**Records shown**
◆ ◆ ◆
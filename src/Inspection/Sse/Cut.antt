-- ===== src/Inspection/Sse/Cut.antt =====
-- inspection/engine.py: the pieces of a JSON text that several events carry.
use Prim.Native.String.{◌++◌ as str_append}
use Prim.Native.String.append
use ai_security_gateway.Base.{
  drop_text, take_text, ℕ, zero, suc, String, ◌≡◌, refl, ap, ◌∙◌, List, [], ◌∷◌,
}
use ai_security_gateway.Inspection.Sse.Collect.{Leaf}
use ai_security_gateway.Inspection.Sse.Mask.{size, join}
use ai_security_gateway.Inspection.Sse.Edits.{Edit, cut_edits}

-- The new texts of some edits, and the texts that they are of.
abbrev pub replacements : List Edit → List String
replacements [] = []
replacements (e ∷ es) = e.replacement ∷ replacements es

abbrev pub edited_leaves : List Edit → List Leaf
edited_leaves [] = []
edited_leaves (e ∷ es) = e.leaf ∷ edited_leaves es

take_text-drop_text : (n : ℕ) (t : String) → str_append (take_text n t) (drop_text n t) ≡ t
unfolding take_text drop_text
take_text-drop_text zero t = append.nil t
take_text-drop_text (suc n) String.[] = append.nil ""
take_text-drop_text (suc n) (String.◌∷◌ c t) =
    append.cons c (take_text n t) (drop_text n t) ∙ ap (String.◌∷◌ c) (take_text-drop_text n t)

append_nothing : (t : String) → str_append t "" ≡ t
append_nothing String.[] = append.nil ""
append_nothing (String.◌∷◌ c t) = append.cons c t "" ∙ ap (String.◌∷◌ c) (append_nothing t)

-- A new JSON text is given to the texts of its lane, each once and in their order, in pieces that join to
-- it again.
pub cut_edits-join :
    (new : String) (l : Leaf) (ls : List Leaf)
    → (join (replacements (cut_edits new (l ∷ ls))) ≡ new)
      × (edited_leaves (cut_edits new (l ∷ ls)) ≡ l ∷ ls)
unfolding cut_edits join
cut_edits-join new l [] = (append_nothing new, refl)
cut_edits-join new l (k ∷ ls) =
    let n = size l.value in
    let (joined, same) = cut_edits-join (drop_text n new) k ls in
    (ap (str_append (take_text n new)) joined ∙ take_text-drop_text n new, ap (λ xs. l ∷ xs) same)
◆ ◆ ◆
**Task directions**
In the entries above, find the line with "replacements (e ∷", then retype it and every line after it exactly.

**Expected answer**
replacements (e ∷ es) = e.replacement ∷ replacements es

abbrev pub edited_leaves : List Edit → List Leaf
edited_leaves [] = []
edited_leaves (e ∷ es) = e.leaf ∷ edited_leaves es

take_text-drop_text : (n : ℕ) (t : String) → str_append (take_text n t) (drop_text n t) ≡ t
unfolding take_text drop_text
take_text-drop_text zero t = append.nil t
take_text-drop_text (suc n) String.[] = append.nil ""
take_text-drop_text (suc n) (String.◌∷◌ c t) =
    append.cons c (take_text n t) (drop_text n t) ∙ ap (String.◌∷◌ c) (take_text-drop_text n t)

append_nothing : (t : String) → str_append t "" ≡ t
append_nothing String.[] = append.nil ""
append_nothing (String.◌∷◌ c t) = append.cons c t "" ∙ ap (String.◌∷◌ c) (append_nothing t)

-- A new JSON text is given to the texts of its lane, each once and in their order, in pieces that join to
-- it again.
pub cut_edits-join :
    (new : String) (l : Leaf) (ls : List Leaf)
    → (join (replacements (cut_edits new (l ∷ ls))) ≡ new)
      × (edited_leaves (cut_edits new (l ∷ ls)) ≡ l ∷ ls)
unfolding cut_edits join
cut_edits-join new l [] = (append_nothing new, refl)
cut_edits-join new l (k ∷ ls) =
    let n = size l.value in
    let (joined, same) = cut_edits-join (drop_text n new) k ls in
    (ap (str_append (take_text n new)) joined ∙ take_text-drop_text n new, ap (λ xs. l ∷ xs) same)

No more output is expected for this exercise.